Extracted data entries
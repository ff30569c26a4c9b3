-- ===== src/Collector/Caddy/Remembered.antt =====
-- What a Caddy collector remembers of a success (internal/collector/caddy.go).
use statlite.Result.{Result, ok, err, Result-cases}
use statlite.Float.{Float64}
use statlite.Time.{Time}
use statlite.Collector.Model.{CollectionResult}
use statlite.Bytes.{Bytes}
use statlite.Prometheus.{Limits}
use statlite.Prometheus.Samples.{FloatText}
use statlite.Prometheus.Exposition.{Parsed, parse}
use statlite.Prometheus.Exposition.Invariant.{parse-keeps}
use statlite.Collector.Caddy.{
  CaddyTuple, CaddyPopulation, CaddyTotals, CaddyError, caddy_max_tuples, accept, sort_tuples,
  totals, no_totals,
}
use statlite.Collector.Caddy.Collect.{
  CaddyCollector, Response, unreachable, answered, CollectError, with_totals, with_population,
  collect, scrape, parsed_population, is_configured, no_tuples, empty_result,
}
use statlite.Collector.Caddy.Population.{
  IsTuple, IsPopulation, IsMatched, accept-keeps, add_tuples-IsMatched, All-sort_tuples,
}
use statlite.Prelude.{
  ◌≤◌, String, ◌≡◌, refl, inl, inr, Option, none, some, List, [], arith, Bool-cases, Option-cases,
  length, All,
}

-- The memory of a success: at most 256 tuples, each with a status from 100 to 599, and a count and
-- a sum that were both seen and are finite and not negative, the count a whole number.
pub record IsMemory {F : Type 0} ⦃fl : Float64 F⦄ (c : CaddyCollector F) : Type 0 where
  pub tuples : List (Bytes × CaddyTuple F)
  pub remembered : c.previous ≡ some tuples
  pub size_within : length tuples ≤ caddy_max_tuples
  pub all_tuples : All (λ (e : Bytes × CaddyTuple F). IsTuple e.1) tuples
  pub all_matched : All (λ (e : Bytes × CaddyTuple F). IsMatched e.1) tuples

module _ {F : Type 0} ⦃fl : Float64 F⦄ where
  abbrev pub Leaves : CaddyCollector F × CollectionResult F × Option CollectError → Type 0
  Leaves (c, r, none) = IsMemory c
  Leaves (c, r, some e) = c.previous ≡ none

  totals-IsMatched :
      (p : CaddyPopulation F) (t : CaddyTotals F)
      → totals p ≡ ok t
      → All (λ (e : Bytes × CaddyTuple F). IsMatched e.1) p.tuples
  unfolding totals
  totals-IsMatched p t h =
      All-sort_tuples IsMatched p.tuples (add_tuples-IsMatched (sort_tuples p.tuples) no_totals t h)

  with_totals-Leaves :
      (text : CollectError → String) (c : CaddyCollector F) (r : CollectionResult F)
      (p : CaddyPopulation F)
      → IsPopulation p
      → Leaves (with_totals text c r p (totals p))
  with_totals-Leaves text c r p is = elim (Result-cases (totals p)) [
    | inr (e, h) ↦ rw h refl
    | inl (t, h) ↦ rw h (record {
      tuples = p.tuples;
      remembered = refl;
      size_within = is.size_within;
      all_tuples = is.all_tuples;
      all_matched = totals-IsMatched p t h;
    })
  ]

  abbrev HasPopulation : Result CollectError (CaddyPopulation F) → Type 0
  HasPopulation (ok p) = IsPopulation p
  HasPopulation (err e) = Unit

  with_population-Leaves :
      (text : CollectError → String) (c : CaddyCollector F) (r : CollectionResult F)
      (s : Result CollectError (CaddyPopulation F))
      → HasPopulation s
      → Leaves (with_population text c r s)
  with_population-Leaves text c r (err e) is = refl
  with_population-Leaves text c r (ok p) is = elim (Bool-cases (no_tuples p.tuples)) [
    | inl e ↦ rw e refl
    | inr e ↦ rw e (with_totals-Leaves text c r p is)
  ]

  parsed_population-HasPopulation :
      (p : Parsed (CaddyPopulation F) CaddyError)
      → IsPopulation p.state
      → HasPopulation (parsed_population p)
  parsed_population-HasPopulation p is = elim (Option-cases p.error) [
    | inl e ↦ rw e is
    | inr (f, e) ↦ rw e tt
  ]

scrape-HasPopulation :
    (F : Type 0) ⦃fl : Float64 F⦄ ⦃ft : FloatText F⦄ (quote : Bytes → Bytes) (limits : Limits)
    (host : Bytes) (response : Response)
    → HasPopulation {F = F} (scrape quote limits host response)
unfolding scrape
scrape-HasPopulation F quote limits host (unreachable message) = tt
scrape-HasPopulation F quote limits host (answered body format) =
    parsed_population-HasPopulation
      (parse (accept quote) (record { host = host; server = []; tuples = [] }) body format limits)
      (parse-keeps (accept quote) IsPopulation (accept-keeps quote)
        (record { host = host; server = []; tuples = [] }) body format limits
        (record { size_within = omega arith; all_tuples = tt }))

module _ {F : Type 0} ⦃fl : Float64 F⦄ ⦃ft : FloatText F⦄ where
  -- Whatever the endpoint answers: after a Caddy collection with an error nothing is remembered;
  -- after one without, at most 256 tuples are, each with a status from 100 to 599, and a count and
  -- a sum that were both seen and are finite and not negative, the count a whole number of at most
  -- 2^53 - 1.
  pub collect-Leaves :
      (quote : Bytes → Bytes) (text : CollectError → String) (limits : Limits)
      (started finished : Time) (c : CaddyCollector F) (response : Response)
      → Leaves (collect quote text limits started finished c response)
  unfolding collect
  collect-Leaves quote text limits started finished c response =
      elim (Bool-cases (is_configured c)) [
        | inl e ↦ rw e (
            with_population-Leaves text c (empty_result c.target_name started finished)
              (scrape quote limits c.host response)
              (scrape-HasPopulation F quote limits c.host response))
        | inr e ↦ rw e refl
      ]
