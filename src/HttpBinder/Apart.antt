-- ===== src/HttpBinder/Apart.antt =====
-- include/weblib/server/HttpBinder.hpp: patterns that `match_path` never matches with one path.
use web_library.Base.{
  ℕ, suc, List, [], ◌∷◌, Bool, true, false, ◌&&◌, ◌==◌, none, some, Bytes, drop, length, find,
  bytes_eq, bytes_eq_iff, if◌then◌else◌, Result, ok, zip, subst, Dict, lookup, ◌≡◌, refl, sym, ap,
  ◌∙◌, arith,
}
use web_library.HttpBinder.{
  split_path, parts_match, value_matches, params_match, path_of, query_of, match_queries,
  match_rest, match_path, parse_query,
}
use web_library.HttpBinder.Match.{
  QueriesMatch, QueryMatches, is_empty_iff, PartsMatch, ParamsMatch, match_path_split_iff,
}
use web_library.HttpBinder.Find.{In, here, there}

-- The parts of the path of a pattern or of a target.
abbrev pub parts : Bytes → List Bytes
parts text = split_path (path_of text (find b'?' text))

PartsMatch-length : (ps rs : List Bytes) → PartsMatch ps rs → length ps ≡ length rs
PartsMatch-length [] [] h = refl
PartsMatch-length [] (r ∷ rs) h = absurd h
PartsMatch-length (p ∷ ps) [] h = absurd h
PartsMatch-length (p ∷ ps) (r ∷ rs) h = ap suc (PartsMatch-length ps rs h.1)

-- Patterns with unequal numbers of parts.
pub apart_by_parts :
    (p q path : Bytes)
    → (length (parts q) == length (parts p)) ≡ false
    → match_path p path ≡ ok true
    → match_path q path ≡ ok false
unfolding match_path
apart_by_parts p q path unequal matched =
    let same =
      PartsMatch-length (parts p) (parts path) ((match_path_split_iff p path).0 matched).0 in
    let differs : (length (parts q) == length (parts path)) ≡ false =
      ap (λ t. length (parts q) == t) (sym same) ∙ unequal in
    rw (differs, match_path) refl

params_match_missing :
    (ps rs : Dict Bytes) (key value : Bytes)
    → In (key, value) ps
    → lookup key rs ≡ none
    → params_match ps rs ≡ false
unfolding params_match value_matches
params_match_missing [] rs key value i lost = elim i [ ]
params_match_missing ((k, v) ∷ ps) rs key value here lost = rw lost refl
params_match_missing ((k, v) ∷ ps) rs key value (there i) lost =
    ground (arith, params_match_missing ps rs key value i lost)

ok_same : {A : Type 0} {a b : A} → ok a ≡ ok b → a ≡ b
ok_same e = cc

refused : (b : Bool) (m : Result Bool) → m ≡ ok false → (if b then m else ok false) ≡ ok false
refused true m h = h
refused false m h = refl

-- Patterns with queries of which the second asks for a parameter that no target of the first has.
pub apart_by_key :
    (p q path : Bytes) (i j : ℕ) (ps qs : Dict Bytes) (key value : Bytes)
    → find b'?' p ≡ some i
    → find b'?' q ≡ some j
    → parse_query (drop (suc i) p) ≡ ok ps
    → parse_query (drop (suc j) q) ≡ ok qs
    → In (key, value) qs
    → ((rs : Dict Bytes) → length ps ≡ length rs → ParamsMatch ps rs → lookup key rs ≡ none)
    → match_path p path ≡ ok true
    → match_path q path ≡ ok false
unfolding match_path match_rest match_queries
apart_by_key p q path i j ps qs key value at_p at_q read_p read_q asked only matched =
    let rq = query_of path (find b'?' path) in
    let matches = (match_path_split_iff p path).0 matched in
    let query : QueriesMatch (drop (suc i) p) rq =
      subst (λ o. QueryMatches p o rq) at_p matches.1 in
    let (filled, (ps', rs, read_p', read, size, params)) = query in
    let same : ps' ≡ ps = ok_same (sym read_p' ∙ read_p) in
    let lost : lookup key rs ≡ none =
      only rs (ap length (sym same) ∙ size) (subst (λ t. ParamsMatch t rs) same params) in
    let missed = params_match_missing qs rs key value asked lost in
    let tested =
      length (parts q) == length (parts path) && parts_match (zip (parts q) (parts path)) in
    let rest : match_rest q (find b'?' q) rq ≡ ok false =
      rw (at_q, match_rest, match_queries, (is_empty_iff rq).1 filled, read_q, read, missed)
        (ground arith) in
    refused tested (match_rest q (find b'?' q) rq) rest

-- A map with two entries, under two keys, has no third key.
pub two_keys :
    (a b c : Bytes) (rs : Dict Bytes) (v w : Bytes)
    → bytes_eq a b ≡ false
    → bytes_eq a c ≡ false
    → bytes_eq b c ≡ false
    → 2 ≡ length rs
    → lookup a rs ≡ some v
    → lookup b rs ≡ some w
    → lookup c rs ≡ none
unfolding lookup
two_keys a b c [] v w ab ac bc size at_a at_b = absurd (cc)
two_keys a b c (r ∷ []) v w ab ac bc size at_a at_b = absurd (omega arith)
two_keys a b c ((k, x) ∷ (l, y) ∷ []) v w ab ac bc size at_a at_b = ground (
  arith,
  bytes_eq_iff k a,
  bytes_eq_iff k b,
  bytes_eq_iff k c,
  bytes_eq_iff l a,
  bytes_eq_iff l b,
  bytes_eq_iff l c,
  bytes_eq_iff a b,
  bytes_eq_iff a c,
  bytes_eq_iff b c,
)
two_keys a b c (r ∷ r' ∷ r'' ∷ rs) v w ab ac bc size at_a at_b = absurd (omega arith)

- [Task to complete] Return, from the data, each line where the string "IsTuple" occurs.

- [Result of the exercise]
  IsTuple, IsPopulation, IsMatched, accept-keeps, add_tuples-IsMatched, All-sort_tuples,
  pub all_tuples : All (λ (e : Bytes × CaddyTuple F). IsTuple e.1) tuples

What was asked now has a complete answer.